PROGESTERONE TREATMENT POSITIVE EFFECTS IN THE FUNCTION AND INFLAMMATION OF INTESTINE COMPROMISED BY AORTIC OCCLUSION

ABSTRACT Aortic surgery induces severe ischemia and reperfusion. Ischemia/reperfusion (I/R) is a critical medical issue due to its high sensitivity tissue damage, inflammation, mucosal injury, and motility impairment. Studies have demonstrated that female sex hormones modulate the inflammatory response triggered by I/R. Progesterone (P4) had positive effects on intestines after trauma. We evaluated the effects of P4 on intestinal function and inflammation in a model of I/R by aortic occlusion. Methods Male Wistar rats were randomized to the following four groups: sham, surgically manipulated; IR, animals subjected to I/R; P4 pre, animals treated with P4 30 min before I/R and P4 post, treated immediately after flow reestablishment. I/R was induced by catheter 2F insufflation in the descending aorta, occluded for 30 min, followed by reperfusion for 2 h.

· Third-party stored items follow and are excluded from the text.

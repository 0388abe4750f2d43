-- ===== src/Enums/Currency/Units.antt =====
-- The amounts of `impl Currency`, crates/common_enums/src/enums.rs. `f64` and its text are a parameter.
use mercado.Enums.Currency.ThreeDecimal.{is_three_decimal_currency}
use mercado.Enums.Currency.ZeroDecimal.{is_zero_decimal_currency}
use mercado.Prelude.Results.{Result, ◌>>=◌, ok, ok_or, err}
use mercado.Enums.Currency.Types.{Currency}
use mercado.Prelude.Int.{ℤ, pos, negsuc}
use mercado.Prelude.{ℕ, String, if◌then◌else◌, Option, ltb, ◌^◌}

-- What the code uses of f64. `of_ℕ` is `into()` on a u32, and a literal such as 100.00.
pub record Floats (F : Type 0) : Type 0 where
  pub of_ℕ : ℕ → F
  pub div : F → F → F
  pub mul : F → F → F
  -- `format!("{x:.2}")`
  pub two_digits : F → String
  pub to_string : F → String
  pub parse : String → Option F

pub data TryFromIntError : Type 0 where
  try_from_int_error : TryFromIntError

pub data ParseFloatError : Type 0 where
  parse_float_error : ParseFloatError

-- `u32::try_from(amount)`
unfoldable pub u32_try_from : ℤ → Result TryFromIntError ℕ
u32_try_from (pos n) = if ltb n (2 ^ 32) then ok n else err try_from_int_error
u32_try_from (negsuc n) = err try_from_int_error

module _ {F : Type 0} (f64 : Floats F) where
  in_base_unit : Currency → F → F
  in_base_unit c amount =
      if is_zero_decimal_currency c
      then amount
      else if is_three_decimal_currency c
      then f64.div amount (f64.of_ℕ 1000)
      else f64.div amount (f64.of_ℕ 100)

  unfoldable pub to_currency_base_unit_asf64 : Currency → ℤ → Result TryFromIntError F
  unfolding in_base_unit
  to_currency_base_unit_asf64 c amount = do
    n ← u32_try_from amount
    ok (in_base_unit c (f64.of_ℕ n))

  unfoldable pub to_currency_base_unit : Currency → ℤ → Result TryFromIntError String
  to_currency_base_unit c amount = do
    amount_f64 ← to_currency_base_unit_asf64 c amount
    ok (f64.two_digits amount_f64)

  in_lower_unit : Currency → F → F
  in_lower_unit c amount =
      if is_zero_decimal_currency c
      then amount
      else if is_three_decimal_currency c
      then f64.mul amount (f64.of_ℕ 1000)
      else f64.mul amount (f64.of_ℕ 100)

  unfoldable pub to_currency_lower_unit : Currency → String → Result ParseFloatError String
  unfolding in_lower_unit
  to_currency_lower_unit c amount = do
    amount_f64 ← ok_or (f64.parse amount) parse_float_error
    ok (f64.to_string (in_lower_unit c amount_f64))

  unfoldable pub to_currency_base_unit_with_zero_decimal_check :
      Currency → ℤ → Result TryFromIntError String
  to_currency_base_unit_with_zero_decimal_check c amount = do
    amount_f64 ← to_currency_base_unit_asf64 c amount
    (if is_zero_decimal_currency c
        then ok (f64.to_string amount_f64)
        else ok (f64.two_digits amount_f64))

Intestinal function, inflammatory and apoptosis markers, and mesenteric microcirculation were analyzed. Results Aortic occlusion led to systemic changes and intestinal homeostasis disruption. The I/R decreased the gastrointestinal transit (sham 69%, IR 46%, P = 0.0014) and the progesterone reduced impact induced by I/R (IR 46%, P4 post 60%, P = 0.0461). The treatment prevented the increase of epithelial mucosal barrier permeability and edema formation triggered by I/R (sham 0.2770 ng/mL vs. I/R 5.455 ng/mL, P = 0.0048) and (P4 pre 2.027 ng/mL, P = 0.0393). It also reduced inflammatory cell infiltration to intestinal tissue (IR 0.5876 vs. P4 pre 0.1818, P = 0.0003 and P4 post 0.1393 stained area/tissue area, P < 0.0001), modulating the release of inflammatory mediators and apoptosis markers (IR 0.1806 vs. P4 pre 0.0468, P = 0.0452). Conclusion Progesterone treatment was effective in modulating the neutrophil response and other inflammatory markers, decreased apoptosis, and improved gastrointestinal function triggered by I/R.